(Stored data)
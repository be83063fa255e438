-- ===== src/Auth.antt =====
-- api/deps.py, api/scopes.py and api/security.py: who a request comes from, and what it may do.
pub mod Access
pub mod Current
pub mod Session
use perzforge.Prelude.{
  ℕ, Bool, true, false, not, ◌&&◌, ◌||◌, Option, none, some, List, [], ◌∷◌, String, Text, find?,
  update_where, any, all, str_eq, leb, ◌==◌, if◌then◌else◌,
}
use perzforge.Schema.{
  User, UserRole, ApiKey, Db, Scope, jobs_read, jobs_write, models_read, llm_invoke,
  instances_manage, is_admin,
}
use perzforge.Http.{Result, ok, err, Error, http, then_run, ◌>>=◌}
use perzforge.Jobs.{Principal}
use perzforge.RateLimit.Identity.{is_api_key_token}

-- SHA-256, argon2, PyJWT and the parse of a UUID. A token that PyJWT refuses decodes to `none`,
-- one without a subject to `some none`.
pub record Crypto : Type 0 where
  pub hash_token : Text → String
  pub verify_password : String → String → Bool
  pub hash_password : String → String
  pub decode_access_token : ℕ → Text → Option (Option Text)
  pub parse_uuid : Text → Option ℕ

abbrev pub scope_code : Scope → ℕ
scope_code jobs_read = 0
scope_code jobs_write = 1
scope_code models_read = 2
scope_code llm_invoke = 3
scope_code instances_manage = 4

abbrev pub has_scope : Scope → List Scope → Bool
has_scope scope scopes = any (λ t. scope_code scope == scope_code t) scopes

-- VALID_SCOPES
abbrev pub valid_scopes : List Scope
valid_scopes = jobs_read ∷ jobs_write ∷ models_read ∷ llm_invoke ∷ instances_manage ∷ []

-- ROLE_SCOPES
unfoldable pub role_scopes : UserRole → List Scope
role_scopes UserRole.admin = valid_scopes
role_scopes UserRole.user = valid_scopes
role_scopes UserRole.readonly = jobs_read ∷ models_read ∷ []

unfoldable pub scopes_allowed_for_role : UserRole → List Scope → Bool
scopes_allowed_for_role role requested = all (λ scope. has_scope scope (role_scopes role)) requested

-- Principal.scopes
abbrev pub scopes_of : Principal → List Scope
scopes_of principal = elim principal.api_key [
  | none ↦ role_scopes principal.user.role
  | some key ↦ key.scopes
]

abbrev pub find_user : ℕ → Db → Option User
find_user user_id db = find? (λ u. u.id == user_id) db.users

abbrev pub reject_disabled_user : Principal → Result Principal
reject_disabled_user principal =
    if principal.user.disabled then err (http 401 "Account disabled") else ok principal

abbrev pub reject_password_change_required : Principal → Result Principal
reject_password_change_required principal =
    if principal.user.must_change_password
    then err (http 403 "password change required")
    else ok principal

abbrev pub touched : ℕ → ApiKey → ApiKey
touched now key = record key { last_used_at = some now }

unfoldable pub touch_api_key_last_used : ℕ → ℕ → Db → Db
touch_api_key_last_used now key_id db = record db {
  api_keys = update_where (λ k. k.id == key_id) (touched now) db.api_keys;
}

abbrev pub invalid_key : Error
invalid_key = http 401 "Invalid or expired API key"

abbrev pub is_over : ℕ → Option ℕ → Bool
is_over now none = false
is_over now (some expires_at) = leb expires_at now

-- The key's user, if the key and the user are in order.
abbrev pub key_principal : ApiKey → Option User → Result Principal
key_principal key none = err invalid_key
key_principal key (some user) = reject_disabled_user (record { user = user; api_key = some key })

abbrev pub of_key : ℕ → Db → Option ApiKey → Result Principal
of_key now db none = err invalid_key
of_key now db (some key) =
    if key.revoked
    then err invalid_key
    else if is_over now key.expires_at
    then err invalid_key
    else key_principal key (find_user key.user_id db)

-- The touch of the key, after the checks.
abbrev pub touching : ℕ → Db → Result Principal → Result Principal × Db
touching now db (err e) = (err e, db)
touching now db (ok principal) = (
  ok principal,
  elim principal.api_key [ none ↦ db | some key ↦ touch_api_key_last_used now key.id db ],
)

unfoldable pub authenticate_api_key : Crypto → ℕ → Text → Db → Result Principal × Db
authenticate_api_key c now token db =
    touching now db
      (of_key now db (find? (λ k. str_eq k.key_hash (c.hash_token token)) db.api_keys))

abbrev pub invalid_token : Error
invalid_token = http 401 "Invalid or expired token"

abbrev pub of_user : Option User → Result Principal
of_user none = err invalid_token
of_user (some user) = reject_disabled_user (record { user = user; api_key = none })

abbrev pub of_user_id : Db → Option ℕ → Result Principal
of_user_id db none = err invalid_token
of_user_id db (some user_id) = of_user (find_user user_id db)

abbrev pub of_payload : Crypto → Db → Option (Option Text) → Result Principal
of_payload c db none = err invalid_token
of_payload c db (some none) = err invalid_token
of_payload c db (some (some [])) = err invalid_token
of_payload c db (some (some (x ∷ sub))) = of_user_id db (c.parse_uuid (x ∷ sub))

unfoldable pub authenticate_jwt : Crypto → ℕ → Text → Db → Result Principal
authenticate_jwt c now token db = of_payload c db (c.decode_access_token now token)

abbrev pub no_password_change : Result Principal × Db → Result Principal × Db
no_password_change (ok principal, db) = (reject_password_change_required principal, db)
no_password_change (err e, db) = (err e, db)

unfoldable pub resolve_principal_from_token : Crypto → ℕ → Text → Db → Result Principal × Db
resolve_principal_from_token c now token db =
    if is_api_key_token token
    then no_password_change (authenticate_api_key c now token db)
    else no_password_change (authenticate_jwt c now token db, db)

-- The credentials of the header, if there are any with the scheme of a bearer.
unfoldable pub get_current_principal : Crypto → ℕ → Option Text → Db → Result Principal × Db
get_current_principal c now none db = (err (http 401 "Not authenticated"), db)
get_current_principal c now (some token) db = resolve_principal_from_token c now token db

abbrev pub with_scopes : List Scope → Result Principal × Db → Result Principal × Db
with_scopes required (err e, db) = (err e, db)
with_scopes required (ok principal, db) =
    if all (λ scope. has_scope scope (scopes_of principal)) required
    then (ok principal, db)
    else (err (http 403 "Insufficient scope"), db)

unfoldable pub require_scopes : Crypto → ℕ → List Scope → Option Text → Db → Result Principal × Db
require_scopes c now required credentials db =
    with_scopes required (get_current_principal c now credentials db)

-- get_authenticated_user: a session only, no key.
unfoldable pub get_authenticated_user : Crypto → ℕ → Option Text → Db → Result Principal
get_authenticated_user c now none db = err (http 401 "Not authenticated")
get_authenticated_user c now (some token) db =
    if is_api_key_token token
    then err (http 403 "JWT required for this endpoint")
    else authenticate_jwt c now token db

abbrev pub user_of : Result Principal → Result User
user_of (ok principal) = ok principal.user
user_of (err e) = err e

-- get_current_user: the user of a session who need not change the password first.
unfoldable pub get_current_user : Crypto → ℕ → Option Text → Db → Result User
unfolding get_authenticated_user
get_current_user c now credentials db = get_authenticated_user c now credentials db >>= λ principal.
    user_of (reject_password_change_required principal)

-- get_current_admin
unfoldable pub get_current_admin : Crypto → ℕ → Option Text → Db → Result User
unfolding get_current_user
get_current_admin c now credentials db = get_current_user c now credentials db >>= λ user.
    if is_admin user.role then ok user else err (http 403 "Admin required")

▶ Activity: Extract every record and return it verbatim.

▶ Expected answer:
repository be83063fa255e438
-- ===== src/Auth.antt =====
-- api/deps.py, api/scopes.py and api/security.py: who a request comes from, and what it may do.
pub mod Access
pub mod Current
pub mod Session
use perzforge.Prelude.{
  ℕ, Bool, true, false, not, ◌&&◌, ◌||◌, Option, none, some, List, [], ◌∷◌, String, Text, find?,
  update_where, any, all, str_eq, leb, ◌==◌, if◌then◌else◌,
}
use perzforge.Schema.{
  User, UserRole, ApiKey, Db, Scope, jobs_read, jobs_write, models_read, llm_invoke,
  instances_manage, is_admin,
}
use perzforge.Http.{Result, ok, err, Error, http, then_run, ◌>>=◌}
use perzforge.Jobs.{Principal}
use perzforge.RateLimit.Identity.{is_api_key_token}

-- SHA-256, argon2, PyJWT and the parse of a UUID. A token that PyJWT refuses decodes to `none`,
-- one without a subject to `some none`.
pub record Crypto : Type 0 where
  pub hash_token : Text → String
  pub verify_password : String → String → Bool
  pub hash_password : String → String
  pub decode_access_token : ℕ → Text → Option (Option Text)
  pub parse_uuid : Text → Option ℕ

abbrev pub scope_code : Scope → ℕ
scope_code jobs_read = 0
scope_code jobs_write = 1
scope_code models_read = 2
scope_code llm_invoke = 3
scope_code instances_manage = 4

abbrev pub has_scope : Scope → List Scope → Bool
has_scope scope scopes = any (λ t. scope_code scope == scope_code t) scopes

-- VALID_SCOPES
abbrev pub valid_scopes : List Scope
valid_scopes = jobs_read ∷ jobs_write ∷ models_read ∷ llm_invoke ∷ instances_manage ∷ []

-- ROLE_SCOPES
unfoldable pub role_scopes : UserRole → List Scope
role_scopes UserRole.admin = valid_scopes
role_scopes UserRole.user = valid_scopes
role_scopes UserRole.readonly = jobs_read ∷ models_read ∷ []

unfoldable pub scopes_allowed_for_role : UserRole → List Scope → Bool
scopes_allowed_for_role role requested = all (λ scope. has_scope scope (role_scopes role)) requested

-- Principal.scopes
abbrev pub scopes_of : Principal → List Scope
scopes_of principal = elim principal.api_key [
  | none ↦ role_scopes principal.user.role
  | some key ↦ key.scopes
]

abbrev pub find_user : ℕ → Db → Option User
find_user user_id db = find? (λ u. u.id == user_id) db.users

abbrev pub reject_disabled_user : Principal → Result Principal
reject_disabled_user principal =
    if principal.user.disabled then err (http 401 "Account disabled") else ok principal

abbrev pub reject_password_change_required : Principal → Result Principal
reject_password_change_required principal =
    if principal.user.must_change_password
    then err (http 403 "password change required")
    else ok principal

abbrev pub touched : ℕ → ApiKey → ApiKey
touched now key = record key { last_used_at = some now }

unfoldable pub touch_api_key_last_used : ℕ → ℕ → Db → Db
touch_api_key_last_used now key_id db = record db {
  api_keys = update_where (λ k. k.id == key_id) (touched now) db.api_keys;
}

abbrev pub invalid_key : Error
invalid_key = http 401 "Invalid or expired API key"

abbrev pub is_over : ℕ → Option ℕ → Bool
is_over now none = false
is_over now (some expires_at) = leb expires_at now

-- The key's user, if the key and the user are in order.
abbrev pub key_principal : ApiKey → Option User → Result Principal
key_principal key none = err invalid_key
key_principal key (some user) = reject_disabled_user (record { user = user; api_key = some key })

abbrev pub of_key : ℕ → Db → Option ApiKey → Result Principal
of_key now db none = err invalid_key
of_key now db (some key) =
    if key.revoked
    then err invalid_key
    else if is_over now key.expires_at
    then err invalid_key
    else key_principal key (find_user key.user_id db)

-- The touch of the key, after the checks.
abbrev pub touching : ℕ → Db → Result Principal → Result Principal × Db
touching now db (err e) = (err e, db)
touching now db (ok principal) = (
  ok principal,
  elim principal.api_key [ none ↦ db | some key ↦ touch_api_key_last_used now key.id db ],
)

unfoldable pub authenticate_api_key : Crypto → ℕ → Text → Db → Result Principal × Db
authenticate_api_key c now token db =
    touching now db
      (of_key now db (find? (λ k. str_eq k.key_hash (c.hash_token token)) db.api_keys))

abbrev pub invalid_token : Error
invalid_token = http 401 "Invalid or expired token"

abbrev pub of_user : Option User → Result Principal
of_user none = err invalid_token
of_user (some user) = reject_disabled_user (record { user = user; api_key = none })

abbrev pub of_user_id : Db → Option ℕ → Result Principal
of_user_id db none = err invalid_token
of_user_id db (some user_id) = of_user (find_user user_id db)

abbrev pub of_payload : Crypto → Db → Option (Option Text) → Result Principal
of_payload c db none = err invalid_token
of_payload c db (some none) = err invalid_token
of_payload c db (some (some [])) = err invalid_token
of_payload c db (some (some (x ∷ sub))) = of_user_id db (c.parse_uuid (x ∷ sub))

unfoldable pub authenticate_jwt : Crypto → ℕ → Text → Db → Result Principal
authenticate_jwt c now token db = of_payload c db (c.decode_access_token now token)

abbrev pub no_password_change : Result Principal × Db → Result Principal × Db
no_password_change (ok principal, db) = (reject_password_change_required principal, db)
no_password_change (err e, db) = (err e, db)

unfoldable pub resolve_principal_from_token : Crypto → ℕ → Text → Db → Result Principal × Db
resolve_principal_from_token c now token db =
    if is_api_key_token token
    then no_password_change (authenticate_api_key c now token db)
    else no_password_change (authenticate_jwt c now token db, db)

-- The credentials of the header, if there are any with the scheme of a bearer.
unfoldable pub get_current_principal : Crypto → ℕ → Option Text → Db → Result Principal × Db
get_current_principal c now none db = (err (http 401 "Not authenticated"), db)
get_current_principal c now (some token) db = resolve_principal_from_token c now token db

abbrev pub with_scopes : List Scope → Result Principal × Db → Result Principal × Db
with_scopes required (err e, db) = (err e, db)
with_scopes required (ok principal, db) =
    if all (λ scope. has_scope scope (scopes_of principal)) required
    then (ok principal, db)
    else (err (http 403 "Insufficient scope"), db)

unfoldable pub require_scopes : Crypto → ℕ → List Scope → Option Text → Db → Result Principal × Db
require_scopes c now required credentials db =
    with_scopes required (get_current_principal c now credentials db)

-- get_authenticated_user: a session only, no key.
unfoldable pub get_authenticated_user : Crypto → ℕ → Option Text → Db → Result Principal
get_authenticated_user c now none db = err (http 401 "Not authenticated")
get_authenticated_user c now (some token) db =
    if is_api_key_token token
    then err (http 403 "JWT required for this endpoint")
    else authenticate_jwt c now token db

abbrev pub user_of : Result Principal → Result User
user_of (ok principal) = ok principal.user
user_of (err e) = err e

-- get_current_user: the user of a session who need not change the password first.
unfoldable pub get_current_user : Crypto → ℕ → Option Text → Db → Result User
unfolding get_authenticated_user
get_current_user c now credentials db = get_authenticated_user c now credentials db >>= λ principal.
    user_of (reject_password_change_required principal)

-- get_current_admin
unfoldable pub get_current_admin : Crypto → ℕ → Option Text → Db → Result User
unfolding get_current_user
get_current_admin c now credentials db = get_current_user c now credentials db >>= λ user.
    if is_admin user.role then ok user else err (http 403 "Admin required")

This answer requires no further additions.